PROVA DE AMOR OU CARTAS PARA O AMANHÃ
Já dizia o fado português “...que olhos negros são queixumes
de uma tristeza sem fim...”- eu já digo que os olhos negros, que eu conheço,
são lumes, estrelas noturnas dos jardins, iluminando, em seus movimentos
ziguezagueados, o amanhã alegre da Nina, minha netinha querida. Esta moreninha
de espírito forte, filha das artes e do ofício, dormindo ou acordada, está sempre
atenta a este novo mundo, repleto de novidades que pra ela se anuncia, navegando
sobre ele com distinção pelo primeiro ano de sua longa jornada. Eu a vi se organizando, em busca do equilíbrio e do entendimento, dando os seus primeiros
passos, achando suas primeiras flexões verbais, no seu olhar doce e cativante e
em sua maneira singular de descobrir o seus arredores: cores, casa, botões de
luzes, brinquedos. Neste novo espaço, só o gato, injuriado por perder o seu
reino, se esconde desconfiado entre cadeiras e poltronas, mas se impõe, pelas
afiadas garras, a devida e segura distância da sua nova hospedeira. Os humanos
querem abraçá-la, senti-la, desfrutar do seu calor.
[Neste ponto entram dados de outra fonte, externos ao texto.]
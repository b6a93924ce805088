-- ===== src/Handlers/Confined.antt =====
-- What the handlers read of the file system.
use shadyurl.Common.{
  ℕ, ◌≡◌, ◌≢◌, refl, ap, Bool, false, Option, none, some, [], Bytes, Lacks, arith, Bool-cases,
  Option-cases, inl, inr, c_str,
}
use shadyurl.Common.Result.{Result, ok, thrown}
use shadyurl.PathUtil.{path_cat}
use shadyurl.PathUtil.Read.{IsBelow, file-IsBelow, template-IsBelow}
use shadyurl.ServerState.{ServerState, get_config_doc_root, get_config_hostname, get_config_db_path}
use shadyurl.Generate.{generate_random_filename}
use shadyurl.Http.{Request}
use shadyurl.Routes.{
  Handler, handle_file, handle_post, handle_get_template, handle_get_url, routes, select, illegal,
}
use shadyurl.Handlers.{
  Outcome, sent, raised, stuck, handle_request, run_handler, handle_file_response,
  handle_get_template_response, handle_get_url_response, handle_post_outcome, shorten, store_url,
  finish_post, template_path,
}
use shadyurl.Handlers.Effects.{Env, World, FileOpen, Rendered}
use shadyurl.Handlers.Form.{Extracted, refused, url, extract_multipart, extract_url}

-- The same surroundings with other files.
abbrev pub with_files :
    (Bytes → FileOpen) → (Bytes → Bytes → Option (Bytes × Bytes) → Rendered) → Env → Env
with_files open_file render env = record env { open_file = open_file; render = render }

module _ (env : Env) (open_file : Bytes → FileOpen)
    (render : Bytes → Bytes → Option (Bytes × Bytes) → Rendered) where
  abbrev pub env' : Env
  env' = with_files open_file render env

  abbrev pub same_world : World env' → World env
  same_world w = record { db = w.db; rng = w.rng }

  abbrev pub same_outcome : Outcome (World env') → Outcome (World env)
  same_outcome (sent res w) = sent res (same_world w)
  same_outcome (raised e w) = raised e (same_world w)
  same_outcome stuck = stuck

  module _ (state : ServerState) (req : Request) where
    abbrev pub root : Bytes
    root = get_config_doc_root state

    abbrev pub SameFiles : Type 0
    SameFiles = (path : Bytes) → IsBelow root path → open_file path ≡ env.open_file path

    abbrev pub SamePages : Type 0
    SamePages =
        (path host : Bytes) (given : Option (Bytes × Bytes))
        → IsBelow root path
        → render path host given ≡ env.render path host given

    module _ (some_root : root ≢ []) (nul : Lacks 0 root) (legal : illegal req.target ≡ false) where
      file-same :
          SameFiles → handle_file_response env' state req ≡ handle_file_response env state req
      unfolding handle_file_response
      file-same files =
          rw
            (files (c_str (path_cat root req.target))
              (file-IsBelow root req.target some_root nul legal))
            refl

      page-same :
          (given : Option (Bytes × Bytes))
          → SamePages
          → render (template_path env' state req) (get_config_hostname state) given
            ≡ env.render (template_path env state req) (get_config_hostname state) given
      page-same given pages =
          pages (template_path env state req) (get_config_hostname state) given
            (template-IsBelow root req.target some_root legal)

      template-same :
          SamePages
          → handle_get_template_response env' state req ≡ handle_get_template_response env state req
      unfolding handle_get_template_response
      template-same pages = rw (page-same none pages) refl

      url-same :
          (db : env.sqlite.Db)
          → handle_get_url_response env' state req db ≡ handle_get_url_response env state req db
      unfolding handle_get_url_response
      url-same db = refl

      finish-same :
          (u token : Bytes) (handle : Bool) (step : ℕ) (w : World env')
          → SamePages
          → same_outcome (finish_post env' state req u token handle step w)
            ≡ finish_post env state req u token handle step (same_world w)
      unfolding finish_post
      finish-same u token handle step w pages = ground (arith, page-same (some (u, token)) pages)

      store-same :
          (u token : Bytes) (w : World env')
          → SamePages
          → same_outcome (store_url env' state req u token w)
            ≡ store_url env state req u token (same_world w)
      unfolding store_url
      store-same u token w pages =
          let file = c_str (get_config_db_path state) in
          let step = env.sqlite.step_insert w.db file (c_str token) (c_str u) in
          ground (
            arith,
            finish-same u token (env.sqlite.opens w.db file) step.0 (record w { db = step.1 })
                pages,
          )

      shorten-same :
          (u : Bytes) (w : World env')
          → SamePages
          → same_outcome (shorten env' state req u w) ≡ shorten env state req u (same_world w)
      unfolding shorten
      shorten-same u w pages =
          elim (Option-cases (generate_random_filename env.random env.algo w.rng)) [
            | inl n ↦ ground (arith, n)
            | inr ((token, rng), d) ↦
                ground (arith, d, store-same u token (record w { rng = rng }) pages)
          ]

      extract-same :
          (content_type body : Bytes)
          → extract_url env' content_type body ≡ extract_url env content_type body
      unfolding extract_url extract_multipart
      extract-same content_type body = refl

      extracted-same :
          (r : Result Extracted) (w : World env')
          → extract_url env req.content_type req.body ≡ r
          → SamePages
          → same_outcome (handle_post_outcome env' state req w)
            ≡ handle_post_outcome env state req (same_world w)
      unfolding handle_post_outcome
      extracted-same (thrown e) w h pages =
          ground (arith, h, extract-same req.content_type req.body)
      extracted-same (ok (refused why)) w h pages =
          ground (arith, h, extract-same req.content_type req.body)
      extracted-same (ok (url u)) w h pages =
          ground (arith, h, extract-same req.content_type req.body, shorten-same u w pages)

      handler-same :
          (o : Option Handler) (w : World env')
          → SameFiles
          → SamePages
          → same_outcome (run_handler env' state req o w)
            ≡ run_handler env state req o (same_world w)
      handler-same none w files pages = refl
      handler-same (some handle_file) w files pages =
          ap (λ res. sent res (same_world w)) (file-same files)
      handler-same (some handle_post) w files pages =
          extracted-same (extract_url env req.content_type req.body) w refl pages
      handler-same (some handle_get_template) w files pages =
          ap (λ res. sent res (same_world w)) (template-same pages)
      handler-same (some handle_get_url) w files pages =
          ap (λ res. sent res (same_world w)) (url-same w.db)

    -- Of the files and the templates a request sees only those below the document root, where the root
    -- is not empty and holds no NUL: with other files and templates elsewhere the response is the same,
    -- and so is what becomes of the database.
    pub handle_request-same_outcome :
        (w : World env')
        → root ≢ []
        → Lacks 0 root
        → SameFiles
        → SamePages
        → same_outcome (handle_request env' state req w)
          ≡ handle_request env state req (same_world w)
    unfolding handle_request
    handle_request-same_outcome w some_root nul files pages =
        elim (Bool-cases (illegal req.target)) [
          | inl e ↦ rw e refl
          | inr e ↦ rw e (handler-same some_root nul e (select routes req.target) w files pages)
        ]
Eu sinto, todos os dias, a
presença dela e me desmancho em pedacinhos românticos de felicidade quando a
vejo. Meu olhar cruza o seu quando os seus
bracinhos são abertos no ar para receber o carinho do visitante pegajoso. Uma vez ela chorou quando eu cheguei e chorou
quando fui embora. O meu coração ficou partido em sete pela saudade. Chamo isso
de amor e é tão raro amar assim. Só ela me dá esperança em um mundo melhor. Não
sei se conseguirei, mas tenho uma vontade danada de dançar com ela a valsa dos
quinze anos – valsa? Mas que coisa mais antiga! Ponderou Raquel aos meus ouvidos
- aos 79 anos só se Deus quiser! - Se
Ele existir, Ele há de querer! Respondi. Mas se não for possível, caminharei
com ela pela praia e, entre uma comilança e outra, falaremos sobre as minhas
experiências existenciais, meus causos, meus amigos e amores que tive por
entre aquelas mesmas ruas que cortam o velho bairro praieiro onde eu ontem vivi
e hoje ela vive. Outro dia, me contou a mãe: - Nina descobriu a lua no céu e se
encantou por aquela longínqua bola de luz. Que coisa extraordinária é a
descoberta dos signos que nos guiarão por toda a vida. Faltam ainda de cinco a
seis anos para ela começar a ler, a ver, a ouvir e a descobrir tudo que o mundo
tem ainda guardado para lhe mostrar:
livros, filmes, poesia, fotografias, textos, pinturas e objetos, que
estarão aqui lhe esperando. Você, minha doce criança, só tem
que descobrir, durante a vida, todo o legado do saber, que não o tenho para lhe dar, pois ainda procuro essa
virtude, esse conhecimento, que pertence a
todos e de quem quer dele usufruir e não a uma só pessoa. Nina te amo para sempre - é o que de melhor lhe posso oferecer.